# Inquarting question



## artart47 (Apr 2, 2012)

I'm curious! 
I'm aquiring scrap jewelry for almost nothing. Everyone has heard that i'm the "gold guy" and are offering me gold stuff for a few bucks. Very poor city here!
I'm lined up to buy nitric right here in milwaukee but I'm not yet set up to safely work with it.
If I was to inquart karet and filled jewelry with copper and cornflaked it, could I use acid peroxide/my copper chloride solution instead of nitric to remove the base metals?
Thanks!
artart47


----------



## lazersteve (Apr 2, 2012)

Copper will work for inquarting. Gold filled contains a variety of metals and trash in it's weight so I would stray away from using it due to the inaccuracies associated with it's actual content and the proper inquarting numbers. 

Inquarting karat with copper will require nearly four times as much nitric to dissolve the same weight of silver. This is why silver is used to inquart. 

Copper and Gold Filled items also take more heat to melt than silver which means more energy (and cost) is required to get the job done.

Steve


----------



## Westerngs (Apr 3, 2012)

All true about inquarting with silver vs copper. But copper is cheaper.

Also, you could try inquarting with zinc. Watch out for the fumes though, zinc oxidizes very quickly and if you inhale enough of them (fumes - and it doesn't take a lot of fumes) you get metal fume fever. Nasty thing with fever, chills etc. Wear a good respirator if you decide to go down that route. And preferably melt outside or in a setup with very good exhaust ventilation.


----------



## nickvc (Apr 3, 2012)

Another reason to use silver is that it acts as a collector for any PGMs in your karat scrap.
It also becomes self funding eventually as the silver content in the karat scrap is accumulated and by using cementation to collect the silver its available for reuse very quickly.


----------



## butcher (Apr 3, 2012)

I have had zinc fever several times, from welding galvanized metal; wet rags, and fans do not help to protect you, high fever sweats, and shaking and freezing three days without sleep is no fun.

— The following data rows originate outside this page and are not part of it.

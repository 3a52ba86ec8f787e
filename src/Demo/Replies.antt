-- ===== src/Demo/Replies.antt =====
-- demo/main.cpp: the answer of the demo's server to any request.
use httpserver_cpp.Base.{
  ℕ, ◌≡◌, refl, ap, ◌⊎◌, inl, inr, true, Bool-cases, Option-cases, [], ◌∷◌, none, some, ltb,
  if◌then◌else◌, length, Bytes, codes,
}
use httpserver_cpp.Base.Result.{ok}
use httpserver_cpp.Types.{bad_request, ok_status}
use httpserver_cpp.Response.{HttpResponse, http_response}
use httpserver_cpp.Log.{info, Spdlog, Log, set_log_level}
use httpserver_cpp.Platform.{Platform}
use httpserver_cpp.Session.{HttpSession, State, writing, write_response, do_write, fill_response}
use httpserver_cpp.Session.Process.{
  Moment, origin_target, make_request, process_request, refuse, call_handler, send_all, take_body,
}
use httpserver_cpp.Server.{HttpServerImpl, Network, http_server_impl}
use httpserver_cpp.Server.Control.{IsClear, running}
use httpserver_cpp.Demo.{HelloHandler, hello_handler, hello, hello_body, server_opts, main}
use httpserver_cpp.Demo.Hello.{hello_router, hello_found, search_hello, hello_server, main_lem}

module _ (P : Platform) where
  open P use {
    Request, Response, verb, verb_put, keep_alive, request_body, clear_request_body, UrlView,
    parse_origin_form, url_segments, segments_view,
  }

  abbrev S : Type 0
  S = State Request Response

  -- A text with a 400.
  abbrev pub refusal : Bytes → HttpResponse
  refusal message = http_response bad_request message (codes "text/plain")

  abbrev pub method_reply : Moment → UrlView → HttpSession Request Response → HttpResponse
  method_reply any url s =
      if ltb verb_put (verb s.request)
      then refusal (codes "current method not support")
      else http_response ok_status
          (hello_body (make_request P hello server_opts hello_router any url s))
          (codes "text/plain")

  abbrev pub url_reply : Moment → UrlView → HttpSession Request Response → HttpResponse
  url_reply any url s = elim (hello_found (url_segments url)) [
    | none ↦ refusal (codes "current url not support")
    | some h ↦ method_reply any url s
  ]

  -- What the demo answers: the handler's text under `/hello`, up to the method `PUT`, and else a 400.
  abbrev pub demo_reply : Moment → HttpSession Request Response → HttpResponse
  demo_reply any s =
      elim (parse_origin_form (origin_target P hello server_opts hello_router s.request)) [
        | none ↦ refusal (codes "url invalid")
        | some url ↦ url_reply any url s
      ]

  -- The response is filled in for the request, with or without its body, and written.
  abbrev pub Replies : HttpResponse → S → S → Type 0
  Replies rsp s s' =
      (s'.session.pending ≡ writing (keep_alive s'.session.response) ∷ s.session.pending)
      × (q : Request) × ((q ≡ s.session.request) ⊎ (q ≡ clear_request_body s.session.request))
      × (s'.session.response ≡ fill_response P server_opts q rsp s.session.response)

  refuse-Replies :
      (message : Bytes) (s : S)
      → Replies (refusal message) s (refuse P hello server_opts hello_router message s)
  unfolding refuse write_response do_write
  refuse-Replies message s = (refl, s.session.request, inl refl, refl)

  taken_request :
      (s : S)
      → ((take_body P hello server_opts hello_router s).session.request ≡ s.session.request)
        ⊎ ((take_body P hello server_opts hello_router s).session.request
            ≡ clear_request_body s.session.request)
  unfolding take_body
  taken_request s = elim (Bool-cases (ltb 0 (length (request_body s.session.request)))) [
    | inl full ↦ rw full (inr refl)
    | inr bare ↦ rw bare (inl refl)
  ]

  taken_kept :
      (s : S)
      → ((take_body P hello server_opts hello_router s).session.pending ≡ s.session.pending)
        × ((take_body P hello server_opts hello_router s).session.response ≡ s.session.response)
  unfolding take_body
  taken_kept s = elim (Bool-cases (ltb 0 (length (request_body s.session.request)))) [
    | inl full ↦ rw full (refl, refl)
    | inr bare ↦ rw bare (refl, refl)
  ]

  abbrev hello_reply : Moment → UrlView → HttpSession Request Response → HttpResponse
  hello_reply any url s =
      http_response ok_status (hello_body (make_request P hello server_opts hello_router any url s))
        (codes "text/plain")

  hello-Replies :
      (any : Moment) (url : UrlView) (s : S)
      → Replies
          (hello_reply any url s.session)
          s
          (call_handler P hello server_opts hello_router any url hello_handler s)
  unfolding call_handler send_all write_response do_write hello
  hello-Replies any url s =
      let q = (take_body P hello server_opts hello_router s).session.request in
      let (pending, response) = taken_kept s in
      (
        ap
            (λ l.
              writing (
                keep_alive
                  (call_handler P hello server_opts hello_router any url hello_handler
                    s).session.response)
              ∷ l)
            pending,
        q,
        taken_request s,
        ap (fill_response P server_opts q (hello_reply any url s.session)) response,
      )

  process_request-Replies :
      (any : Moment) (s : S)
      → (s' : S) × (process_request P hello server_opts hello_router any s ≡ ok s')
        × Replies (demo_reply any s.session) s s'
  unfolding process_request
  process_request-Replies any s =
      elim (Option-cases
        (parse_origin_form (origin_target P hello server_opts hello_router s.session.request))) [
          | inl bad ↦ (
            refuse P hello server_opts hello_router (codes "url invalid") s,
            rw (bad, process_request) refl,
            rw (bad, demo_reply) (refuse-Replies (codes "url invalid") s),
          )
          | inr (url, good) ↦ elim (Option-cases (hello_found (url_segments url))) [
            | inl nobody ↦ (
              refuse P hello server_opts hello_router (codes "current url not support") s,
              rw (good, process_request) (rw (search_hello (url_segments url), nobody) refl),
              rw (good, demo_reply)
                  (rw (nobody, url_reply) (refuse-Replies (codes "current url not support") s)),
            )
            | inr (hello_handler, somebody) ↦
                elim (Bool-cases (ltb verb_put (verb s.session.request))) [
                  | inl above ↦ (
                    refuse P hello server_opts hello_router (codes "current method not support") s,
                    rw (good, process_request)
                        (rw (search_hello (url_segments url), somebody) (rw above refl)),
                    rw (good, demo_reply)
                        (rw (somebody, url_reply)
                          (rw above (refuse-Replies (codes "current method not support") s))),
                  )
                  | inr within ↦ (
                    call_handler P hello server_opts hello_router any url hello_handler s,
                    rw (good, process_request)
                        (rw (search_hello (url_segments url), somebody) (rw within refl)),
                    rw (good, demo_reply)
                        (rw (somebody, url_reply) (rw within (hello-Replies any url s))),
                  )
                ]
          ]
        ]

  -- Let Boost.URL parse "/hello" as its one segment, and let the network have no error. Then `main`
  -- sets the level of the log, and its server listens. A request that its sessions read is answered
  -- with one response: under `/hello`, up to the method `PUT`, a 200 with the text of the handler,
  -- and otherwise a 400 that says whether the target, the path or the method is at fault. The
  -- response is filled in for the request, and its write is started.
  pub demo-Replies :
      (L : Spdlog) (last_id : ℕ) (net : Network) (log : Log L.Logger) (any : Moment) (s : S)
      → segments_view (codes "/hello") ≡ some (codes "hello" ∷ [])
      → IsClear net server_opts
      → (t : HttpServerImpl HelloHandler) × (main L segments_view last_id net log
          ≡ (set_log_level L info log, ok (record { server_impl = some t }, none)))
        × (t.is_open ≡ true)
        × (s' : S) × (process_request P hello t.opts t.router any s ≡ ok s')
        × Replies (demo_reply any s.session) s s'
  unfolding running http_server_impl
  demo-Replies L last_id net log any s parsed clear =
      let (s', went, replies) = process_request-Replies any s in
      (
        hello_server last_id,
        main_lem L segments_view last_id net log parsed clear,
        refl,
        s',
        went,
        replies,
      )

Trust me in quartering with zinc is a bad idea, in my opinion.

Silver can be cheaper than copper to use, in my opinion, (this somewhat would also depend on how cheap you can get nitric acid, and how easy it is to get).

You get back the silver, (copper is basically lost in the system).

Silver can be reused several times (depending on PGM's involved),

If you use sterling it also helps to remove copper from the sterling in the process, silver uses less nitric than copper, and your doing two jobs at once (if you used sterling), actually making the nitric usage less for recovery silver and gold.

Silver will also collect PGM’s involved, another bonus with some gold like dental gold.


----------



## artart47 (Apr 3, 2012)

Hey, Thanks!
It was an idea. I'll wait till I get set up for nitric.
I'll let everyone know what I end up paying for it. I'm 10mis. away so shipping and has-mat won't be a concearn.

Later!
artart47


----------